| Work instructions |
Within the listing below, locate all lines containing the word "EcKemManager". Copy each one.

Start of Data extract

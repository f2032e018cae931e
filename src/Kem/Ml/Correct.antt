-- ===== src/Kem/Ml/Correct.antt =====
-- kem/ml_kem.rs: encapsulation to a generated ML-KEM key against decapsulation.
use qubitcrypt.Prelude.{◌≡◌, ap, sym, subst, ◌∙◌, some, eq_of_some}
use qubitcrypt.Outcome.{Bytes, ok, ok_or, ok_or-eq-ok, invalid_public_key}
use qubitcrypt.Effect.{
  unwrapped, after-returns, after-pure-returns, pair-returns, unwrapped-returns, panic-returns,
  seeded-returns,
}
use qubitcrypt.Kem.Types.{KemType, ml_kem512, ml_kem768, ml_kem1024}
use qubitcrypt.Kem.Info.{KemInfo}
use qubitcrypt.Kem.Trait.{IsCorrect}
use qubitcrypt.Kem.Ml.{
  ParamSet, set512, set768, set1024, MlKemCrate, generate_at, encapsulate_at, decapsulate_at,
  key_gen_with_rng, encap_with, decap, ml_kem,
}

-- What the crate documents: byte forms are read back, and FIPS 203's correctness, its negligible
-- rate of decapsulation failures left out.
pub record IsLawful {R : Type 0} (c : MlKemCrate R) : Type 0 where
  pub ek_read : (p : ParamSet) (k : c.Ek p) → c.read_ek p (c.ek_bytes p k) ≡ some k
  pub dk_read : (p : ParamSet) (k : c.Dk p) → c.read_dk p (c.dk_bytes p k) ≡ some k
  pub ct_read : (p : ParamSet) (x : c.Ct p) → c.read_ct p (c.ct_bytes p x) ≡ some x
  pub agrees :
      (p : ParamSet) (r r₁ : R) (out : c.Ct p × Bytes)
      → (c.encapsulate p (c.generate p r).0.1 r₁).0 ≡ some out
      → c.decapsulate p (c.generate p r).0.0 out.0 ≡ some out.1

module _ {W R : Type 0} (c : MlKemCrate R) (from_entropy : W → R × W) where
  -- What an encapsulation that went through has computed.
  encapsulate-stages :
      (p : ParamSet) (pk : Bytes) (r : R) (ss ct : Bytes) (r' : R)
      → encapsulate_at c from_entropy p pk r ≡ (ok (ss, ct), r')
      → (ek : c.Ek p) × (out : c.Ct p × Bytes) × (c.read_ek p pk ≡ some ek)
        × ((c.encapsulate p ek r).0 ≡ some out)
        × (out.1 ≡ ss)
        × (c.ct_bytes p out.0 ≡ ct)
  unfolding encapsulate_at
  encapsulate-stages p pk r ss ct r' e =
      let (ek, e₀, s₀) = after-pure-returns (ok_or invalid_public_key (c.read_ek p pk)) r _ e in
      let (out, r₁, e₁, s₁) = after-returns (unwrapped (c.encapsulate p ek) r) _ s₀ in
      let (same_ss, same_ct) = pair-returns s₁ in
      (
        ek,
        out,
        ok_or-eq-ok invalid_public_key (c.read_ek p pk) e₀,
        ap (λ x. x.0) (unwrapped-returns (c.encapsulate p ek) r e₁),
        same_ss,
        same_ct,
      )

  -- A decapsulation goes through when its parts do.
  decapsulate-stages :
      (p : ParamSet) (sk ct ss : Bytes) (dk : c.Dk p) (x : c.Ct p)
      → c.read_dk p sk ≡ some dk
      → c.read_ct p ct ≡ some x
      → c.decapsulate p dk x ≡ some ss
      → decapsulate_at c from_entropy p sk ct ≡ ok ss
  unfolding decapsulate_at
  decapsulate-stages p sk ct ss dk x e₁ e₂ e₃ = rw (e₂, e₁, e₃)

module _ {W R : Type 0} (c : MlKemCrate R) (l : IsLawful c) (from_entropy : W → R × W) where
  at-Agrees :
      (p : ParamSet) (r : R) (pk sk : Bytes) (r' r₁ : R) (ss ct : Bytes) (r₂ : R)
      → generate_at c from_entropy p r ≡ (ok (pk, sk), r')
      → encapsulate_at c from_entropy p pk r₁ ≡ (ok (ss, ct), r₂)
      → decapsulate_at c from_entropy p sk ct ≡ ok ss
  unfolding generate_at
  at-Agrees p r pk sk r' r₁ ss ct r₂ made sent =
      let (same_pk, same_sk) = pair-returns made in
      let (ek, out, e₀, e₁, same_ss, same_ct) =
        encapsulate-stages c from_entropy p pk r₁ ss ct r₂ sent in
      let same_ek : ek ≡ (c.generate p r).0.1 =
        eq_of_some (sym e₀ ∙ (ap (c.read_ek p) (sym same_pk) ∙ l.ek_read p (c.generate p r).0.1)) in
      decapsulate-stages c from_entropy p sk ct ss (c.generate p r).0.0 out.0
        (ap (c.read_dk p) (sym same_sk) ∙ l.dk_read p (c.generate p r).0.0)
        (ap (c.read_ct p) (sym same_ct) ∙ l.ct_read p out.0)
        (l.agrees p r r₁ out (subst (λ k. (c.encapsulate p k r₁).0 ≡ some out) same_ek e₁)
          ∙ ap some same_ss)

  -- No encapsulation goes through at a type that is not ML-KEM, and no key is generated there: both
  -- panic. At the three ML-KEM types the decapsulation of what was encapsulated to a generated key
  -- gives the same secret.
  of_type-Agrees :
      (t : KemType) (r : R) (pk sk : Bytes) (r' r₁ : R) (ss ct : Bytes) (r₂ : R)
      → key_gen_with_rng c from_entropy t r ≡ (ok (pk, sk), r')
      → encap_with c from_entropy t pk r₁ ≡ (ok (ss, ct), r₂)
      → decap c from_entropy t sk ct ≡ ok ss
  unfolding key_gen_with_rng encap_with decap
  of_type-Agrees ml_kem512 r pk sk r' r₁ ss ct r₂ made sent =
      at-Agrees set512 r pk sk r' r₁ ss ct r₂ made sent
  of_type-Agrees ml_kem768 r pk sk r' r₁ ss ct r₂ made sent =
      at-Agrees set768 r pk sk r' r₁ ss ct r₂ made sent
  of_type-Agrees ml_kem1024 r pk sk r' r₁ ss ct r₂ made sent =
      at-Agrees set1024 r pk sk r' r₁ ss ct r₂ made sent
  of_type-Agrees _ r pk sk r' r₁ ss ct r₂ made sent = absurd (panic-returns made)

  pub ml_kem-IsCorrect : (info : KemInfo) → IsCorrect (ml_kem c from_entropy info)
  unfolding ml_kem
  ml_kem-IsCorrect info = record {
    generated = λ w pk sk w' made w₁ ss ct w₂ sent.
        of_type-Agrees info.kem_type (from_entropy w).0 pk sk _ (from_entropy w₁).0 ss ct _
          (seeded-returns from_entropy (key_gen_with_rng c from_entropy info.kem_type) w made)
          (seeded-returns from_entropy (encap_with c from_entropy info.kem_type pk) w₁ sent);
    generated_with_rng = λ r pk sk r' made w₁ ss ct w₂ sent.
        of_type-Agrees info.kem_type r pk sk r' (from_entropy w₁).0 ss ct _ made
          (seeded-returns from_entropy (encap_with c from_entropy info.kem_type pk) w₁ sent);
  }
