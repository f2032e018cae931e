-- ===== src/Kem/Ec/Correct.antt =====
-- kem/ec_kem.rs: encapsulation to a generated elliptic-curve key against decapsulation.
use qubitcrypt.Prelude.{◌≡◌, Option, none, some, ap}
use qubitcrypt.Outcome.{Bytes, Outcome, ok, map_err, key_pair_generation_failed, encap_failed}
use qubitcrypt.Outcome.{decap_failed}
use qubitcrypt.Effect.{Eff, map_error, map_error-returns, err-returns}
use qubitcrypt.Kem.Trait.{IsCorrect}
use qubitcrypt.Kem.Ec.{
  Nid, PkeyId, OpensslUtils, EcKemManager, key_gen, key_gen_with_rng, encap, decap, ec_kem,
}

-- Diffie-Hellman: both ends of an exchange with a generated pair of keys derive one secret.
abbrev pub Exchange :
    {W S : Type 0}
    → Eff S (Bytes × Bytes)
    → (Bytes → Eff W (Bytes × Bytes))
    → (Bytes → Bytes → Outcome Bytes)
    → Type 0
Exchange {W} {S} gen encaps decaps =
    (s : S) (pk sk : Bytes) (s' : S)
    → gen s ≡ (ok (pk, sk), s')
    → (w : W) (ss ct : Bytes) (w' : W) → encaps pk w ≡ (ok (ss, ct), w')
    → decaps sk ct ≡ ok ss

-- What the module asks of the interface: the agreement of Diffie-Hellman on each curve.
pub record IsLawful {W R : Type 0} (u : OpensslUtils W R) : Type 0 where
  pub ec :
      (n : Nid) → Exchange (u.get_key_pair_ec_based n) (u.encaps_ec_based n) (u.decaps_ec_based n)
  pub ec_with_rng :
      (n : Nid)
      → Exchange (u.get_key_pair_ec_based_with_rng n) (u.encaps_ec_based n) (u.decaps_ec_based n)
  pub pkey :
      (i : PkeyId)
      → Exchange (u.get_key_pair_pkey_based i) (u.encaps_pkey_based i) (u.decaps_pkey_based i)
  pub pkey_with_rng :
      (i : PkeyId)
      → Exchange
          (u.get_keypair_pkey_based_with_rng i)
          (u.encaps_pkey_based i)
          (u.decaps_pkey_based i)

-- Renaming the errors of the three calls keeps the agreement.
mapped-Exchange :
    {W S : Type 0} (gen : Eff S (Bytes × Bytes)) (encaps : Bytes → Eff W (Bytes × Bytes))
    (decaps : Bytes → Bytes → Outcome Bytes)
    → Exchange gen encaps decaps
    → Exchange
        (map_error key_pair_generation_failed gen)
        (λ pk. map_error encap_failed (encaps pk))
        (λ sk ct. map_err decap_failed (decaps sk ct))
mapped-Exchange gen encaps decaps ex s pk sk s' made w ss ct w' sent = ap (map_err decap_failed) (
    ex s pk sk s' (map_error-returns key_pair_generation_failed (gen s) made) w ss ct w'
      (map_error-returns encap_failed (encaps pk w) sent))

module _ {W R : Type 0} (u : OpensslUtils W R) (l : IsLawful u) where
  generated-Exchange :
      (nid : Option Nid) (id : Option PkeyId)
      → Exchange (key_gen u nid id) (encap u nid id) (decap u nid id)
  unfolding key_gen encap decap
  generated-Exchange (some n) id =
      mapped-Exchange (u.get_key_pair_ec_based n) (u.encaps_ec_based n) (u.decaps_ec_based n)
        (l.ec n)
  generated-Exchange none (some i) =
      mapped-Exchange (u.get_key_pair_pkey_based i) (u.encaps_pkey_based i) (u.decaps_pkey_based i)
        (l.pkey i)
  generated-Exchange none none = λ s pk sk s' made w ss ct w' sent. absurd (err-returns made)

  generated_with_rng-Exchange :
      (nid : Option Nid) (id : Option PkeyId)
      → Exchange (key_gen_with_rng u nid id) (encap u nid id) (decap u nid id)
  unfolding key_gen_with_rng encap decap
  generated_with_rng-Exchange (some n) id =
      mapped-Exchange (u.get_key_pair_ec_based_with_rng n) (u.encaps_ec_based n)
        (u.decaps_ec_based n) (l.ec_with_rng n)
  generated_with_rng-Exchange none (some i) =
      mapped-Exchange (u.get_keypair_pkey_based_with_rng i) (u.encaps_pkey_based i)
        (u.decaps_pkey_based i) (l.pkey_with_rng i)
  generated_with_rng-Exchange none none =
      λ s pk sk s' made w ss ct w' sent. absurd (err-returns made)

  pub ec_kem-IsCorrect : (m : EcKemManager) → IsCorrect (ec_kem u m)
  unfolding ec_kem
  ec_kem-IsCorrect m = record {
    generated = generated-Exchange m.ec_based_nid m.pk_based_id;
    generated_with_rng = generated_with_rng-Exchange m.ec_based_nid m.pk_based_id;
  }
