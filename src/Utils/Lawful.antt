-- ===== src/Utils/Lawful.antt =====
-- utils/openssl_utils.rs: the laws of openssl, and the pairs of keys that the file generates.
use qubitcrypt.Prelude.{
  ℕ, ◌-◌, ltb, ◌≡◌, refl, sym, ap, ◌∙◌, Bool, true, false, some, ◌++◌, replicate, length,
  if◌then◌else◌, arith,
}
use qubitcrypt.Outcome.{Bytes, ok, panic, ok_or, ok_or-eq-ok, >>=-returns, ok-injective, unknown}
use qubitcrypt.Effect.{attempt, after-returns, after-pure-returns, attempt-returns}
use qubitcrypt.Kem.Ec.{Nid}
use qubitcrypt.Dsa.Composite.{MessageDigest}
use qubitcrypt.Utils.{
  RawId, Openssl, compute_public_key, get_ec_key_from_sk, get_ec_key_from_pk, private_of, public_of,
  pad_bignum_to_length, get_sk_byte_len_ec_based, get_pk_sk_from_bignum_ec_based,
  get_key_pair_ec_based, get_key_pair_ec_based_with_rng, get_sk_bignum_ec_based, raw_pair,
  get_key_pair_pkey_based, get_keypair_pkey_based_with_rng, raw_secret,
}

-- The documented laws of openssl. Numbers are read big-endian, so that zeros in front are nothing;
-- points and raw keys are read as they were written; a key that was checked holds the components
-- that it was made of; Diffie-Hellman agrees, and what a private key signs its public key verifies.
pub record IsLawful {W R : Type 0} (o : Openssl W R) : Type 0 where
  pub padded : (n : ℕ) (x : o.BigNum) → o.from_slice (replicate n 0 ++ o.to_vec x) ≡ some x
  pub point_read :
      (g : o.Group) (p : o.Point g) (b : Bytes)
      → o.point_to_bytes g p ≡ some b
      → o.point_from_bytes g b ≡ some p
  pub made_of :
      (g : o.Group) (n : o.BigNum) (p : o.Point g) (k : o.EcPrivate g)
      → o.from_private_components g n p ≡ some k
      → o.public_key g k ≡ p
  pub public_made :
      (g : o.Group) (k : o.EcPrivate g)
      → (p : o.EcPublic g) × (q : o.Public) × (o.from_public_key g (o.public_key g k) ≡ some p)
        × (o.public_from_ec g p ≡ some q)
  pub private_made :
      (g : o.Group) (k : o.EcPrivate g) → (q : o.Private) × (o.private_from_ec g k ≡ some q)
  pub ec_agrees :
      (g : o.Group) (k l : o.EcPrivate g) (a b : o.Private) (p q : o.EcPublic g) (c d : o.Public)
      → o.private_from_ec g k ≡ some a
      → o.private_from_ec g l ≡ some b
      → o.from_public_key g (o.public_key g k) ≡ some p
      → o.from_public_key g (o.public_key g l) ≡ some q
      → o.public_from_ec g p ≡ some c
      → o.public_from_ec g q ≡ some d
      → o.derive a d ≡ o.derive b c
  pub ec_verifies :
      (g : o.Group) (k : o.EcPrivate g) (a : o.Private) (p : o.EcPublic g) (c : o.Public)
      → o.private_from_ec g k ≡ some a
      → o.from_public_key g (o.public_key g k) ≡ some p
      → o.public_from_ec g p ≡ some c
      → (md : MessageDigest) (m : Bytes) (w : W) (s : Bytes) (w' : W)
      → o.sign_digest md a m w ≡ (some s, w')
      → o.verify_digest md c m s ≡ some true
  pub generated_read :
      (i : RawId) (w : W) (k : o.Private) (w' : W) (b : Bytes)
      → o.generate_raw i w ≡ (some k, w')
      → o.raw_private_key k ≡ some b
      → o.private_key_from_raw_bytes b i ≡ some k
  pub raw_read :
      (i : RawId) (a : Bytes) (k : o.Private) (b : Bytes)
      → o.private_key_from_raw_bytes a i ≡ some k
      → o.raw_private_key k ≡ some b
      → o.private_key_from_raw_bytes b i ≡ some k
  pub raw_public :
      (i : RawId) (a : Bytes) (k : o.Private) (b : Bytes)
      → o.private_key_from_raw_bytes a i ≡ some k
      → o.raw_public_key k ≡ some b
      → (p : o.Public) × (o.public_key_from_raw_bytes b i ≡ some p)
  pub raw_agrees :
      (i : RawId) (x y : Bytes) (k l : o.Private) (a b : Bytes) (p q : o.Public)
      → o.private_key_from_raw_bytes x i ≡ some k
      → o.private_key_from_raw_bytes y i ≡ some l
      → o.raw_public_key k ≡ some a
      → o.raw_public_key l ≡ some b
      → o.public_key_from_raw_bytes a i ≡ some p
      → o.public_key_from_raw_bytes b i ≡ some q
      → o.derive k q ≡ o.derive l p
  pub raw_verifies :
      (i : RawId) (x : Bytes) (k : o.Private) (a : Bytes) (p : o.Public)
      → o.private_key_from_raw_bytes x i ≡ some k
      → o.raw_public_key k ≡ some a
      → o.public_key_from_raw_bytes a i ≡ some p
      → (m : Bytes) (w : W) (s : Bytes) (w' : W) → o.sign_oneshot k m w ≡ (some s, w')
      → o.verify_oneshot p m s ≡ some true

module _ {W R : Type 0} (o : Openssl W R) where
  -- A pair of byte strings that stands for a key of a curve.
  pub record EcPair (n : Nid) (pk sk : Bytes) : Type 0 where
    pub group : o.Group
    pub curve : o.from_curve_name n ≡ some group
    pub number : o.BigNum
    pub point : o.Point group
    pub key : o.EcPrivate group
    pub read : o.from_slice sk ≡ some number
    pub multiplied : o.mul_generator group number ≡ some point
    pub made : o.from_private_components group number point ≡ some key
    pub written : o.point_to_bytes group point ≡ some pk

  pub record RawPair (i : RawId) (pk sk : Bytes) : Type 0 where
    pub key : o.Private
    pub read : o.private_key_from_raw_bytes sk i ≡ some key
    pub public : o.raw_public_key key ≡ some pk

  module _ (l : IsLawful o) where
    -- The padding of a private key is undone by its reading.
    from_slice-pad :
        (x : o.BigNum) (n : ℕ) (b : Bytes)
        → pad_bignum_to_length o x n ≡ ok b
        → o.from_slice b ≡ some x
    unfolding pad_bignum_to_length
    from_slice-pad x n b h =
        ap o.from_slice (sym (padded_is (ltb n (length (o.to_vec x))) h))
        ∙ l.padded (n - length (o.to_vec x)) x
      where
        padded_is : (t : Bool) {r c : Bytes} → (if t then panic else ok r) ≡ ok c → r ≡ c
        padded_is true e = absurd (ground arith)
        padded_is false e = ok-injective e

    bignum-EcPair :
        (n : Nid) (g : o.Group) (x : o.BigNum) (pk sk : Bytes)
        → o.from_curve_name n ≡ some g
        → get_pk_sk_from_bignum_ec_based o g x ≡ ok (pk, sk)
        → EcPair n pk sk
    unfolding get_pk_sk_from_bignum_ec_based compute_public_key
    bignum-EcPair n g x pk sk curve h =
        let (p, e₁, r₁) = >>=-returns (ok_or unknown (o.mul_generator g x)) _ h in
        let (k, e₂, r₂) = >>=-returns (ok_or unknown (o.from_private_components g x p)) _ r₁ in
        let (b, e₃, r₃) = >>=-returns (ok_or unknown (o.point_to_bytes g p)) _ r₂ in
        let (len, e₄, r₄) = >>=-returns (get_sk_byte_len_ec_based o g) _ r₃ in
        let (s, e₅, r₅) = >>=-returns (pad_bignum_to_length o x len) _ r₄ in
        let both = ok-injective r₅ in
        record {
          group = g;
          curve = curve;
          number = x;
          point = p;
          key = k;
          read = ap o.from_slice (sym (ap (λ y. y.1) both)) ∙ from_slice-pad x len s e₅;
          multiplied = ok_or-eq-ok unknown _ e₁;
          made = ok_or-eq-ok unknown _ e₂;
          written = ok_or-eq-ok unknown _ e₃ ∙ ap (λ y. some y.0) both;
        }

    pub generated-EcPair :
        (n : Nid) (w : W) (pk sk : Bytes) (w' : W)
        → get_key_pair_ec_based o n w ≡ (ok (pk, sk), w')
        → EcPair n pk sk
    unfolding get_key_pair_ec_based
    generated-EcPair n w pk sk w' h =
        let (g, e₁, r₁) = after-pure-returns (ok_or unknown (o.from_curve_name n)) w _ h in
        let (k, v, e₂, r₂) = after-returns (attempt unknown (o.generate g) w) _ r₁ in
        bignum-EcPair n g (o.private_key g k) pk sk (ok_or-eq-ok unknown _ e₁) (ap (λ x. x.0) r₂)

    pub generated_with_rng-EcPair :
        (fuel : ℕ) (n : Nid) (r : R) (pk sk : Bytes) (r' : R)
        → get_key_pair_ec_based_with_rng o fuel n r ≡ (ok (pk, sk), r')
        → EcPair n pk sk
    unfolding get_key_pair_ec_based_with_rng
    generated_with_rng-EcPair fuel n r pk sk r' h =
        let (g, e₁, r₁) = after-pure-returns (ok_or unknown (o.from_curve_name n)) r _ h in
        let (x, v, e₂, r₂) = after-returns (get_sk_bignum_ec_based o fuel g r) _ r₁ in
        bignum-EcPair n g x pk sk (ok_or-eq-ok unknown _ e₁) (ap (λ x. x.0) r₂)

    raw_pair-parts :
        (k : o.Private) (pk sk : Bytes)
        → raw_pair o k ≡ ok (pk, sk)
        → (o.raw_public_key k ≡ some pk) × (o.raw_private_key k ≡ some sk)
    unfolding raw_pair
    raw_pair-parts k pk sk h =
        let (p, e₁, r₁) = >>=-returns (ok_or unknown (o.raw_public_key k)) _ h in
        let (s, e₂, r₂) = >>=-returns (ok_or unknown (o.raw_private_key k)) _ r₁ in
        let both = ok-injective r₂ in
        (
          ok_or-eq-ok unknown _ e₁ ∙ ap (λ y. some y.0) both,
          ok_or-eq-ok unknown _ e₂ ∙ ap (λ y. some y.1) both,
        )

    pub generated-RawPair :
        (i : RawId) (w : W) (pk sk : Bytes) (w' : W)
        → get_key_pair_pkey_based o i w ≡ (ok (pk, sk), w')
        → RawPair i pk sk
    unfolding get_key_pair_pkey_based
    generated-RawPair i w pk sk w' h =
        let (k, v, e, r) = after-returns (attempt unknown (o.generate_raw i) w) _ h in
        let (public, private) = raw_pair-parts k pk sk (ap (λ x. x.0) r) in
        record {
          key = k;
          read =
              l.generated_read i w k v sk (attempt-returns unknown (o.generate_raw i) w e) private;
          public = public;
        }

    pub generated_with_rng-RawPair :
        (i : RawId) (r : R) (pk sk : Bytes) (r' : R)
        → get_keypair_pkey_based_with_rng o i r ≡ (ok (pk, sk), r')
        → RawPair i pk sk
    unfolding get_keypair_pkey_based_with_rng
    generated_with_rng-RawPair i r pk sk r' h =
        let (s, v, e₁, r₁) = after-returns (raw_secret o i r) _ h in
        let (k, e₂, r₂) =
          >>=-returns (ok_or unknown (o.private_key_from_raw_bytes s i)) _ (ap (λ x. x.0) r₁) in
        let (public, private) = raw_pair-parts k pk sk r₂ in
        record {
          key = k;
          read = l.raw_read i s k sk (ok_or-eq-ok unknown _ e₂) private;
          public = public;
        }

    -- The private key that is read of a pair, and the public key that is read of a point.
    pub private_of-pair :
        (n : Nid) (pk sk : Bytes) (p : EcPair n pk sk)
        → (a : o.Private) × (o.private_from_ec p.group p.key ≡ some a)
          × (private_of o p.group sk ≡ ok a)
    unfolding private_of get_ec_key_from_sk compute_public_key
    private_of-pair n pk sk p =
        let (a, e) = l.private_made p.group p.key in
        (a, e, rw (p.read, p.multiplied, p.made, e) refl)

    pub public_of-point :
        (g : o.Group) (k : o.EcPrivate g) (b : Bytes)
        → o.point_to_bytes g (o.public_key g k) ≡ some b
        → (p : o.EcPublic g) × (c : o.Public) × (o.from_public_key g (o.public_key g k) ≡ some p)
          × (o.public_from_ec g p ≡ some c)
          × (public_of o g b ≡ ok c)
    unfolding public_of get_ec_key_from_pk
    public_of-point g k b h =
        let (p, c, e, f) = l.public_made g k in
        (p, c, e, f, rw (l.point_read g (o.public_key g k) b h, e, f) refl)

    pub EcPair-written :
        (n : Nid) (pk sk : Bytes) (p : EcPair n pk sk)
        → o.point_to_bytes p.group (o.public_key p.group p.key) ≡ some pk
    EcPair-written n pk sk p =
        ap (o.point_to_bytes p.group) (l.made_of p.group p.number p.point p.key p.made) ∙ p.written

End of Data extract

| Expected output |
  Nid, PkeyId, OpensslUtils, EcKemManager, key_gen, key_gen_with_rng, encap, decap, ec_kem,
  pub ec_kem-IsCorrect : (m : EcKemManager) → IsCorrect (ec_kem u m)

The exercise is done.